#### RECORDS SHOWN:
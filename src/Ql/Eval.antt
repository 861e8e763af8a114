-- ===== src/Ql/Eval.antt =====
-- ql_eval and its helpers in src/ql/ql_exec.cpp.
pub mod Env
pub mod Stored
use sqldb.Base.{
  ℕ, zero, suc, compare, Ordering, Bool, true, false, ◌&&◌, ◌||◌, not as not_bool, List, [], ◌∷◌,
  ◌++◌, ℤ, pos, negsuc, lex, text, if◌then◌else◌, Result, ok, stop, failed, asserted, ◌>>=◌, ◌>>◌,
  ensure, or_stop,
}
use sqldb.Catalog.Value.{Value, ValueType, int_64, bytes, error, make_int64, type_eq, int_eq}
use sqldb.Catalog.Record
use sqldb.Catalog.Record.{Record}
use sqldb.Encoding.Order.{int_order}
use sqldb.Ql.Ast.{
  QlNodeType, uninit, i64, str, sym, star, tup, ge, gt, lt, le, eq, ne, add, sub, mul, div, modulo,
  and, or, not, neg, QlNode, QlNodes, node, nil, cons,
}
use sqldb.Ql.Arith.{arithmetic}

abbrev pub is_int : Value → Bool
is_int v = type_eq v.type int_64

unfoldable pub make_bool : Bool → Value
make_bool b = make_int64 (if b then pos 1 else pos 0)

-- compare: the int that it sets is the ordering.
unfoldable pub compare_values : Value → Value → Result Ordering
compare_values lhs rhs =
    if not_bool (type_eq lhs.type rhs.type)
    then stop (failed (text "cannot compare a number with a string"))
    else ok (if is_int lhs then int_order lhs.int64 rhs.int64 else lex lhs.str rhs.str)

unfoldable pub cmp_holds : QlNodeType → Ordering → Bool
cmp_holds eq c = elim c [ Ordering.eq ↦ true | _ ↦ false ]
cmp_holds ne c = elim c [ Ordering.eq ↦ false | _ ↦ true ]
cmp_holds lt c = elim c [ Ordering.lt ↦ true | _ ↦ false ]
cmp_holds le c = elim c [ Ordering.gt ↦ false | _ ↦ true ]
cmp_holds gt c = elim c [ Ordering.gt ↦ true | _ ↦ false ]
cmp_holds _ c = elim c [ Ordering.lt ↦ false | _ ↦ true ]

-- node.kids[i], evaluated. A vector read out of range is undefined, and stops here.
unfoldable pub kid : List (Result Value) → ℕ → Result Value
kid [] i = stop asserted
kid (r ∷ rs) zero = r
kid (r ∷ rs) (suc i) = kid rs i

-- eval_kids
abbrev pub both_kids : List (Result Value) → Result (Value × Value)
both_kids kids = do a ← kid kids 0; b ← kid kids 1; ok (a, b)

abbrev pub is_nonzero : Value → Bool
is_nonzero v = not_bool (int_eq v.int64 (pos 0))

abbrev pub logic_name : QlNodeType → List ℕ
logic_name and = text "AND"
logic_name _ = text "OR"

unfoldable pub eval_logic : QlNodeType → Bool → Bool → Bool
eval_logic and lhs rhs = lhs && rhs
eval_logic _ lhs rhs = lhs || rhs

unfoldable pub eval_and_or : QlNodeType → List (Result Value) → Result Value
unfolding eval_logic
eval_and_or t kids = do
  (a, b) ← both_kids kids
  ensure (is_int a && is_int b) (failed (logic_name t ++ text " needs booleans"))
  ok (make_bool (eval_logic t (is_nonzero a) (is_nonzero b)))

unfoldable pub eval_compare : QlNodeType → List (Result Value) → Result Value
eval_compare t kids = do
  (a, b) ← both_kids kids
  c ← compare_values a b
  ok (make_bool (cmp_holds t c))

unfoldable pub eval_arith : QlNodeType → List (Result Value) → Result Value
eval_arith t kids = do
  (a, b) ← both_kids kids
  ensure (is_int a && is_int b) (failed (text "arithmetic needs numbers"))
  r ← arithmetic t a.int64 b.int64
  ok (make_int64 r)

unfoldable pub eval_neg : List (Result Value) → Result Value
eval_neg kids = do
  v ← kid kids 0
  ensure (is_int v) (failed (text "unary minus needs a number"))
  r ← arithmetic sub (pos 0) v.int64
  ok (make_int64 r)

unfoldable pub eval_not : List (Result Value) → Result Value
eval_not kids = do
  v ← kid kids 0
  ensure (is_int v) (failed (text "NOT needs a boolean"))
  ok (make_bool (int_eq v.int64 (pos 0)))

-- The switch of ql_eval, over the node's payload and the results of its kids.
unfoldable pub eval_node : QlNodeType → Value → List (Result Value) → Record → Result Value
eval_node i64 v kids env = ok v
eval_node str v kids env = ok v
eval_node sym v kids env =
    or_stop (Record.get env v.str) (failed (text "unknown column: " ++ v.str))
eval_node neg v kids env = eval_neg kids
eval_node not v kids env = eval_not kids
eval_node and v kids env = eval_and_or and kids
eval_node or v kids env = eval_and_or or kids
eval_node eq v kids env = eval_compare eq kids
eval_node ne v kids env = eval_compare ne kids
eval_node lt v kids env = eval_compare lt kids
eval_node le v kids env = eval_compare le kids
eval_node gt v kids env = eval_compare gt kids
eval_node ge v kids env = eval_compare ge kids
eval_node add v kids env = eval_arith add kids
eval_node sub v kids env = eval_arith sub kids
eval_node mul v kids env = eval_arith mul kids
eval_node div v kids env = eval_arith div kids
eval_node modulo v kids env = eval_arith modulo kids
eval_node tup v kids env = stop (failed (text "a tuple is not a value"))
eval_node star v kids env = stop (failed (text "* is only valid in a SELECT list"))
eval_node uninit v kids env = stop (failed (text "empty expression"))

unfoldable mutual
  pub ql_eval : QlNode → Record → Result Value
  ql_eval (node t v kids) env = eval_node t v (eval_all kids env) env

  pub eval_all : QlNodes → Record → List (Result Value)
  eval_all nil env = []
  eval_all (cons k ks) env = ql_eval k env ∷ eval_all ks env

#### WORK TASK:
An exact copy of the line containing "eval_node tup v" and all lines after it, through the last line of the entries, is the required answer.

#### REPLY:
eval_node tup v kids env = stop (failed (text "a tuple is not a value"))
eval_node star v kids env = stop (failed (text "* is only valid in a SELECT list"))
eval_node uninit v kids env = stop (failed (text "empty expression"))

unfoldable mutual
  pub ql_eval : QlNode → Record → Result Value
  ql_eval (node t v kids) env = eval_node t v (eval_all kids env) env

  pub eval_all : QlNodes → Record → List (Result Value)
  eval_all nil env = []
  eval_all (cons k ks) env = ql_eval k env ∷ eval_all ks env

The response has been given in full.